Jamais elles n'auront l'État à leurs côtés." Ces
mots, Emmanuel Macron les a prononcés à Calais, mardi
16 janvier (Le
Huffpost,
30 janvier 2018). Comme
vous le savez, je me méfie de la presse. Je
ne sais pas si le président a réellement prononcé ces paroles
rapportées par ce journal. Mais s’il l’a fait, c’est très
grave**. Ça confirme qu’aider des personnes qui sont placées dans
des situations difficiles, dans le froid, dans la pluie, pourchassées par
la maréchaussée, personnes parmi
lesquelles se trouvent des femmes et des enfants, peut-être même
des "vieux",
eh bien, les aider à ne plus avoir si froid, à s’abriter, à se
nourrir, à s’habiller, à avoir de l’espoir dans l’humanité,
c’est vraiment devenu un délit. Se comporter comme un être humain
est de
nouveau un
délit. Au secours, Victor Hugo ! Voici
revenu le temps du Second Empire et de l’arbitraire, où
cacher un proscrit pouvait vous envoyer au bagne !
Heureusement,
le cinéma nous console, par la fiction réaliste, et nous permet d’y
voir plus clair, de redevenir humain, si tant est qu’on ne l’était
plus. Prenons
Tharlo, par
exemple,
ce
berger
vivant depuis
quarante ans dans les montagnes du Tibet. C’est
un simple, c’est un fragile.
Il
doit répondre aux
nouvelles directives du gouvernement chinois
qui lui impose
la possession d’une carte d’identité, lui
qui sait pourtant fort bien qui il est, même si plus personne ne
l’appelle par son nom, mais utilise uniquement son surnom : "Petite natte".

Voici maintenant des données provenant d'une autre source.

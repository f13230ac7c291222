-- ===== src/Sync/Events.antt =====
-- Pointers to events, and the pending events of a thread: include/xsync.hh.
use double_take.Prelude.{
  ◌≡◌, refl, Bool, true, false, none, some, List, [], ◌∷◌, ◌++◌, ◌||◌, eq→==, Bool-cases, inl, inr,
  arith,
}
use double_take.Sync.{EventPtr, same_event, take_pending}

abbrev pub has_event : List EventPtr → EventPtr → Bool
has_event [] event = false
has_event (e ∷ es) event = same_event e event || has_event es event

abbrev pub DistinctEvents : List EventPtr → Type 0
DistinctEvents [] = false ≡ false
DistinctEvents (e ∷ es) = (has_event es e ≡ false) × DistinctEvents es

pub event_ext : (a b : EventPtr) → a.thread ≡ b.thread → a.place ≡ b.place → a ≡ b
event_ext a b p q = λ i. record { thread = p i; place = q i }

pub same_event→eq : (a b : EventPtr) → same_event a b ≡ true → a ≡ b
same_event→eq a b h = event_ext a b (ground arith) (ground arith)

pub same_event_refl : (a : EventPtr) → same_event a a ≡ true
same_event_refl a = ground (arith, eq→== a.thread a.thread refl, eq→== a.place a.place refl)

pub has_event-append :
    (es : List EventPtr) (e x : EventPtr)
    → has_event (es ++ e ∷ []) x ≡ (has_event es x || same_event e x)
has_event-append [] e x = ground arith
has_event-append (y ∷ es) e x = ground (arith, has_event-append es e x)

pub DistinctEvents-append :
    (es : List EventPtr) (e : EventPtr)
    → DistinctEvents es
    → has_event es e ≡ false
    → DistinctEvents (es ++ e ∷ [])
DistinctEvents-append [] e d out = (refl, refl)
DistinctEvents-append (y ∷ es) e (o, d) out =
    (ground (arith, has_event-append es e y), DistinctEvents-append es e d (ground arith))

-- What the search among pending events gives.
pub record Takes (es : List EventPtr) (event : EventPtr) (rest : List EventPtr) : Type 0 where
  pub there : has_event es event ≡ true
  pub gone : has_event rest event ≡ false
  pub fewer : (x : EventPtr) → has_event rest x ≡ true → has_event es x ≡ true
  pub others :
      (x : EventPtr) → has_event es x ≡ true → same_event event x ≡ false → has_event rest x ≡ true
  pub distinct : DistinctEvents rest

pub take_pending-none :
    (es : List EventPtr) (event : EventPtr)
    → has_event es event ≡ false
    → take_pending es event ≡ none
unfolding take_pending
take_pending-none [] event h = refl
take_pending-none (e ∷ es) event h = ground (arith, take_pending-none es event)

pub take_pending-Takes :
    (es : List EventPtr) (event : EventPtr)
    → DistinctEvents es
    → has_event es event ≡ true
    → (rest : List EventPtr) × (take_pending es event ≡ some rest) × Takes es event rest
unfolding take_pending
take_pending-Takes [] event d h = absurd (ground arith)
take_pending-Takes (e ∷ es) event (o, d) h = elim (Bool-cases (same_event e event)) [
  | inl same ↦ (
    es,
    ground arith,
    record {
      there = h;
      gone = rw (same_event→eq e event same) at o;
      fewer = λ x i. ground arith;
      others = λ x i ne. ground arith;
      distinct = d;
    },
  )
  | inr other ↦
      let (rest, eq, t) = take_pending-Takes es event d (ground arith) in
      (
        e ∷ rest,
        rw (other, eq) refl,
        record {
          there = h;
          gone = ground (arith, t.gone);
          fewer = λ x i. ground (arith, t.fewer x);
          others = λ x i ne. ground (arith, t.others x);
          distinct = (
            elim (Bool-cases (has_event rest e)) [
              | inl i ↦ absurd (ground (arith, t.fewer e i))
              | inr out ↦ out
            ],
            t.distinct,
          );
        },
      )
]

-- An event that is among them is one that they have.
pub has_event_ne :
    (es : List EventPtr) (a b : EventPtr)
    → has_event es a ≡ true
    → has_event es b ≡ false
    → same_event a b ≡ false
has_event_ne es a b i n = elim (Bool-cases (same_event a b)) [
  | inl same ↦ absurd (ground (arith, rw (same_event→eq a b same) at i))
  | inr other ↦ other
]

Il vient donc à la ville, car pour la carte, il lui faut une photo d’identité.
Le
choc de la rencontre avec la civilisation urbaine lui sera fatal.
Dans une mise en scène toute de plans fixes (étouffants dans les
scènes citadines) et de plans-séquences (ouvrant sur une certaine
liberté dans les scènes de montagne), ce
récit quasi ethnographique brosse
le tableau
d’un
Tibet écrasé par la domination chinoise.
Le
réalisateur, Pema
Tseden, met
en place un
récit
très lent, photographié
dans
un noir et blanc somptueux. Voici, sans qu’ils aient besoin de
migrer, des natifs qui sont comme étrangers dans leur propre pays.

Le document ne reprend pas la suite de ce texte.